Excerpted data —
◇ ◇ ◇ ◇ ◇
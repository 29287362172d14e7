-- ===== src/Worker/Ends.antt =====
-- The two ways in which an attempt goes on or ends, when no call fails
-- (backend/src/worker/handle-delivery.js).
use hook_tracker.Prelude.{ℕ, suc, ◌≡◌, refl, [], Option, some, true, find}
use hook_tracker.Retry.{Level, retry_schedule, select_retry_level}
use hook_tracker.Retry.Ladder.{select_retry_level-All}
use hook_tracker.Status.{FailureReason}
use hook_tracker.Store.{find_row, Delivery, Event}
use hook_tracker.World.{World, Reply, returned, thrown, M, ◌>>=◌, ◌>>◌, pure, has_endpoint}
use hook_tracker.Publisher.{level_eq}
use hook_tracker.Exchange.{Env, Headers, Resolved, Outcome, retrying_on}
use hook_tracker.Worker.Decision.{Concludes, result_of, requested_of, next_level}
use hook_tracker.Worker.{finalise_retry, finalise_failure}
use hook_tracker.Worker.Settled.{
  Ended, Returns, Settled, IsFailed, finalise_retry-Returns, finalise_failure-Returns,
}

Ended-then :
    {A B : Type 0} (r : Reply A) (f : A → M B) (P : A → World → Type 0) (Q : B → World → Type 0)
    → Ended r P
    → ((a : A) (w : World) → P a w → Returns (f a) w Q)
    → Ended (elim r [ returned a w ↦ f a w | thrown e w ↦ thrown e w ]) Q
Ended-then (returned a w) f P Q h k = (k a w h).holds
Ended-then (thrown e w) f P Q h k = elim h [ ]

pub Returns-then :
    {A B : Type 0} {m : M A} {f : A → M B} {w : World} {P : A → World → Type 0}
    {Q : B → World → Type 0}
    → Returns m w P
    → ((a : A) (w' : World) → P a w' → Returns (f a) w' Q)
    → Returns (m >>= f) w Q
Returns-then {m} {f} {w} {P} {Q} h k = record { holds = Ended-then (m w) f P Q h.holds k }

abbrev IsListed : Level → Type 0
IsListed level = find (λ entry. level_eq entry.level level.level) retry_schedule ≡ some level

select_retry_level-IsListed :
    (e : Env) (n : ℕ) (requested : Option ℕ) (level : Level)
    → e.schedule ≡ retry_schedule
    → select_retry_level n e.config.max_attempts e.schedule requested ≡ some level
    → IsListed level
select_retry_level-IsListed e n requested level s h =
    select_retry_level-All IsListed n e.config.max_attempts e.schedule requested level
      (rw s (refl, (refl, (refl, (refl, (refl, tt)))))) h

-- An attempt came to this outcome, for the reasons and with the effects that it says.
abbrev pub Attempted :
    (e : Env)
    → Event
    → Headers
    → ℕ
    → ℕ
    → Delivery
    → Resolved e.Target
    → World
    → Outcome
    → World
    → Type 0
Attempted e ev h id n d t w o w' =
    Concludes e ev h n t o × Settled e id n d (result_of e ev h t) (next_level e ev h n t) w o w'

module _ (e : Env) (id m : ℕ) (row d : Delivery) (ev : Event) (h : Headers) (w : World)
    (nf : w.faults ≡ []) (found : find_row id w.deliveries ≡ some row)
    (owner : has_endpoint d.endpoint_id w ≡ true) (default_schedule : e.schedule ≡ retry_schedule)
    (t : Resolved e.Target) where
  pub retrying-Attempted :
      (level : Level)
      → next_level e ev h (suc m) t ≡ some level
      → Concludes e ev h (suc m) t (retrying_on level.level)
      → Returns
          (finalise_retry e id d ev (suc m) (result_of e ev h t) level
            >> pure (retrying_on level.level))
          w
          (Attempted e ev h id (suc m) row t w)
  retrying-Attempted level next why =
      Returns-then
        (finalise_retry-Returns e id (suc m) row d ev (result_of e ev h t) w nf found owner level (
          rw default_schedule (
            select_retry_level-IsListed e (suc m) (requested_of e ev h t) level default_schedule
              next)))
        (λ _ w' p. record { holds = (why, (level, next, refl, p.0, p.1, p.2)) })

  pub failing-Attempted :
      (reason : FailureReason) (final : Outcome)
      → Concludes e ev h (suc m) t final
      → ((w' : World)
          → IsFailed e id (suc m) row (result_of e ev h t) w w'
          → Settled e id (suc m) row (result_of e ev h t) (next_level e ev h (suc m) t) w final w')
      → Returns
          (finalise_failure e id d ev (suc m) (result_of e ev h t) reason >> pure final)
          w
          (Attempted e ev h id (suc m) row t w)
  failing-Attempted reason final why ends =
      Returns-then
        (finalise_failure-Returns e id m row d ev (result_of e ev h t) w nf found owner reason)
        (λ _ w' p. record { holds = (why, ends w' (p.0, p.1, p.2)) })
◇ ◇ ◇ ◇ ◇
Exercise directions — Each line from the one containing "(owner : has_endpoint" down to the final line of the listing must appear in the answer exactly as written, and no other line may.

Answer —
    (owner : has_endpoint d.endpoint_id w ≡ true) (default_schedule : e.schedule ≡ retry_schedule)
    (t : Resolved e.Target) where
  pub retrying-Attempted :
      (level : Level)
      → next_level e ev h (suc m) t ≡ some level
      → Concludes e ev h (suc m) t (retrying_on level.level)
      → Returns
          (finalise_retry e id d ev (suc m) (result_of e ev h t) level
            >> pure (retrying_on level.level))
          w
          (Attempted e ev h id (suc m) row t w)
  retrying-Attempted level next why =
      Returns-then
        (finalise_retry-Returns e id (suc m) row d ev (result_of e ev h t) w nf found owner level (
          rw default_schedule (
            select_retry_level-IsListed e (suc m) (requested_of e ev h t) level default_schedule
              next)))
        (λ _ w' p. record { holds = (why, (level, next, refl, p.0, p.1, p.2)) })

  pub failing-Attempted :
      (reason : FailureReason) (final : Outcome)
      → Concludes e ev h (suc m) t final
      → ((w' : World)
          → IsFailed e id (suc m) row (result_of e ev h t) w w'
          → Settled e id (suc m) row (result_of e ev h t) (next_level e ev h (suc m) t) w final w')
      → Returns
          (finalise_failure e id d ev (suc m) (result_of e ev h t) reason >> pure final)
          w
          (Attempted e ev h id (suc m) row t w)
  failing-Attempted reason final why ends =
      Returns-then
        (finalise_failure-Returns e id m row d ev (result_of e ev h t) w nf found owner reason)
        (λ _ w' p. record { holds = (why, ends w' (p.0, p.1, p.2)) })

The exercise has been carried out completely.